Hannah Woodman was born in Totnes. She studied at Exeter College of Art & Design, and then at the Courtauld Institute of Art in London. Subsequently she trained as a teacher at the London Institute of Education, and went on to teach and lecture in schools, museums and galleries for six years, after which she turned to painting full-time.

A landscape painter, she works from Jubilee Warehouse in Penryn, a beautiful waterside studio complex. She has enjoyed a series of sell-out one-woman shows. Woodman's work is held in public and private collections both in the UK and abroad.

Woodman is a tutor at Newlyn School of Art (2016).

An artist, etcher and illustrator, Patrick Woodroffe was born in Halifax and attended Leeds University, where he read French and German. He specialised in science-fiction fantasy images bordering on the surreal, and was a self-taught artist. He married in 1964 and honeymooned in Cornwall, where he remained for the rest of his days.

In 1972 he gave up his work as a language teacher, in order to focus full-time on his art. His love of the irrational was fostered by Sir Roland PENROSE, the Surrealist artist and critic. It was through Penrose's influence that Patrick had his first solo exhibition at the Institute of Contemporary Arts in London. In 1972 his work was shown at the Covent Garden Gallery. His career included the creation of covers for a considerable number of science fiction and fantasy books published by Pan Books. He also created album covers for rock stars.

In the early 1990s a retrospective of his work was held at the Chateau de Gruyeres in Switzerland, covering the walls of the former prison tower. This attracted 150,000 visitors and led to the formation of a permanent exhibition of his work there. Following this, he exhibited widely in Switzerland, Germany and France.
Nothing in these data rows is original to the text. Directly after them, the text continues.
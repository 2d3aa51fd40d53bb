-- ===== src/CandidGenerator/Printer/Total.antt =====
-- The types that are printed without a panic.
use metamagic.Prelude.{String, ◌≡◌, refl, ap, ◌∙◌, Bool, false, List, Outcome, ok, ◌>>=◌}
use metamagic.CandidGenerator.{
  Label, Prim, Ty, Fields, Types, Methods, prim, var, opt, vec, record_, variant, func, service,
  class, knot, unknown, future, no_fields, field, no_types, a_type, no_methods, method, null,
  Candid,
}
use metamagic.CandidGenerator.Nominalize.{is_tuple}
use metamagic.CandidGenerator.Ident.{TokenStream}
use metamagic.CandidGenerator.Printer.{q_ty, q_fields, q_record_fields, q_variant_field, q_payload}

-- A type with no variant in it, nor a class, or one of the types that a file cannot have.
unfoldable mutual
  pub IsPrintable : Ty → Type 0
  IsPrintable (prim p) = Unit
  IsPrintable (var v) = Unit
  IsPrintable (opt t) = IsPrintable t
  IsPrintable (vec t) = IsPrintable t
  IsPrintable (record_ fs) = ArePrintable fs
  IsPrintable (variant fs) = ⊥
  IsPrintable (func query args rets) = AllPrintable args × AllPrintable rets
  IsPrintable (service ms) = AreMethods ms
  IsPrintable (class args t) = ⊥
  IsPrintable knot = ⊥
  IsPrintable unknown = ⊥
  IsPrintable future = ⊥

  pub ArePrintable : Fields → Type 0
  ArePrintable no_fields = Unit
  ArePrintable (field l t fs) = IsPrintable t × ArePrintable fs

  pub AllPrintable : Types → Type 0
  AllPrintable no_types = Unit
  AllPrintable (a_type t ts) = IsPrintable t × AllPrintable ts

  pub AreMethods : Methods → Type 0
  AreMethods no_methods = Unit
  AreMethods (method m t ms) = IsDefinition t × AreMethods ms

  -- What stands behind a name: the fields of a record or of a variant, or another type.
  pub IsDefinition : Ty → Type 0
  IsDefinition (record_ fs) = ArePrintable fs
  IsDefinition (variant fs) = ArePrintable fs
  IsDefinition (prim p) = Unit
  IsDefinition (var v) = Unit
  IsDefinition (opt t) = IsPrintable t
  IsDefinition (vec t) = IsPrintable t
  IsDefinition (func query args rets) = AllPrintable args × AllPrintable rets
  IsDefinition (service ms) = AreMethods ms
  IsDefinition (class args t) = ⊥
  IsDefinition knot = ⊥
  IsDefinition unknown = ⊥
  IsDefinition future = ⊥

-- The code is made.
abbrev pub Succeeds : {A : Type 0} → Outcome String A → Type 0
Succeeds {A} r = (a : A) × (r ≡ ok a)

pub Succeeds->>= :
    {A B : Type 0} (first : Outcome String A) (next : A → Outcome String B)
    → Succeeds first
    → ((a : A) → Succeeds (next a))
    → Succeeds (first >>= next)
Succeeds->>= first next (a, done) then_ =
    let (b, last) = then_ a in (b, ap (λ r. r >>= next) done ∙ last)

pub Succeeds-ok : {A : Type 0} (a : A) → Succeeds (ok a)
Succeeds-ok a = (a, refl)

module _ (candid : Candid) (recs : List String) where
  mutual
    unfolding q_ty IsPrintable

    pub q_ty-Succeeds : (t : Ty) → IsPrintable t → Succeeds (q_ty candid recs t)
    q_ty-Succeeds (prim p) h = Succeeds-ok _
    q_ty-Succeeds (var v) h = Succeeds-ok _
    q_ty-Succeeds (opt t) h = Succeeds->>= _ _ (q_ty-Succeeds t h) (λ a. Succeeds-ok _)
    q_ty-Succeeds (vec t) h = Succeeds->>= _ _ (q_ty-Succeeds t h) (λ a. Succeeds-ok _)
    q_ty-Succeeds (record_ fs) h =
        Succeeds->>= _ _ (q_fields-Succeeds (is_tuple candid.get_id fs) false fs h)
          (λ a. Succeeds-ok _)
    q_ty-Succeeds (variant fs) h = absurd h
    q_ty-Succeeds (func query args rets) h = Succeeds-ok _
    q_ty-Succeeds (service ms) h = Succeeds-ok _
    q_ty-Succeeds (class args t) h = absurd h
    q_ty-Succeeds knot h = absurd h
    q_ty-Succeeds unknown h = absurd h
    q_ty-Succeeds future h = absurd h

    pub q_fields-Succeeds :
        (tuple make_pub : Bool) (fs : Fields)
        → ArePrintable fs
        → Succeeds (q_fields candid recs tuple make_pub fs)
    q_fields-Succeeds tuple make_pub no_fields h = Succeeds-ok _
    q_fields-Succeeds tuple make_pub (field l t fs) (h, hs) =
        Succeeds->>= _ _ (q_ty-Succeeds t h)
          (λ a. Succeeds->>= _ _ (q_fields-Succeeds tuple make_pub fs hs) (λ b. Succeeds-ok _))

  pub q_record_fields-Succeeds :
      (fs : Fields) (make_pub : Bool)
      → ArePrintable fs
      → Succeeds (q_record_fields candid recs fs make_pub)
  unfolding q_record_fields
  q_record_fields-Succeeds fs make_pub h =
      Succeeds->>= _ _ (q_fields-Succeeds (is_tuple candid.get_id fs) make_pub fs h)
        (λ a. Succeeds-ok _)

  -- Any type but a record or null.
  nested-Succeeds :
      (f : TokenStream → TokenStream) (t : Ty)
      → IsPrintable t
      → Succeeds (q_ty candid recs t >>= (λ nested. ok (f nested)))
  nested-Succeeds f t h = Succeeds->>= _ _ (q_ty-Succeeds t h) (λ a. Succeeds-ok _)

  prim-Succeeds : (l : Label) (p : Prim) → Succeeds (q_variant_field candid recs l (prim p))
  unfolding q_variant_field
  prim-Succeeds l null = Succeeds-ok _
  prim-Succeeds l _ = Succeeds-ok _

  pub q_variant_field-Succeeds :
      (l : Label) (t : Ty) → IsPrintable t → Succeeds (q_variant_field candid recs l t)
  unfolding q_variant_field IsPrintable
  q_variant_field-Succeeds l (prim p) h = prim-Succeeds l p
  q_variant_field-Succeeds l (record_ fs) h =
      Succeeds->>= _ _ (q_record_fields-Succeeds fs false h) (λ a. Succeeds-ok _)
  q_variant_field-Succeeds l (var v) h = nested-Succeeds (q_payload candid recs l) (var v) tt
  q_variant_field-Succeeds l (opt t) h = nested-Succeeds (q_payload candid recs l) (opt t) h
  q_variant_field-Succeeds l (vec t) h = nested-Succeeds (q_payload candid recs l) (vec t) h
  q_variant_field-Succeeds l (variant fs) h = absurd h
  q_variant_field-Succeeds l (func query args rets) h =
      nested-Succeeds (q_payload candid recs l) (func query args rets) h
  q_variant_field-Succeeds l (service ms) h =
      nested-Succeeds (q_payload candid recs l) (service ms) h
  q_variant_field-Succeeds l (class args t) h = absurd h
  q_variant_field-Succeeds l knot h = absurd h
  q_variant_field-Succeeds l unknown h = absurd h
  q_variant_field-Succeeds l future h = absurd h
In Cornwall Woodroffe's work was exhibited at Falmouth's National Maritime Museum. In 2012 he took part in 'Soaring Spirits' at Falmouth Art Gallery.

Chloe Woods aims to capture the colours and textures of the Cornish coastline in her paintings.

Sarah Woods is based in Newlyn. She graduated from Falmouth University in 2016 with a BA (Hons) in Fine Art.

He first exhibited in 1889 when he was living in Newbury, and his first RA success was in 1922, by which time he was at Burnham, Buckinghamshire. By 1927 he was resident at Seaford in Sussex.

His subjects were taken from all over Southern England, and it can only be assumed that he joined STISA after a visit to St Ives, as no other Cornish connection has been established. Due to distance, however, he was not a regular exhibitor.

Caro Woods' work is concerned with the 'formal aspects of landscape, as well as the hidden structures in the anatomy of the land.'  She has exhibited widely throughout Europe and Africa, as well as the UK and Channel Islands.  Her commissions include assignments for local interest magazines, and the illustration of a gardening book with over 80 line drawings.  Woods is also an experienced teacher, whose community work has strengthened her belief in the therapeutic power of art.

Alongside her art practice, she runs experimental workshops on themes based on the local environment.

An advertisement in the St Ives Times (1917) was for an Artist's Exhibition at The Cottage, Treveal, 11th-14th September, with Meredith STARR, Horace J Wooley and Lady Mary STARR. The works were said to "demonstrate new methods of execution and conception."

'Jim Woolley is a painter of landscape and a sculptor in stone and clay with a studio at Maker Heights on the Rame Peninsula, southeast Cornwall. Since visiting West Penwith on a short painting trip in the winter of 2004/05, his main body of work has been "en plein air" oil studies of coastal Cornwall.'

A full resume of his art training and his extensive exhibition list is available on his website, from which the above statement is taken.
 

http://www.jimwoolley.co.uk/ 

Paintings by this artist form part of the collection of the National Maritime Museum, Falmouth.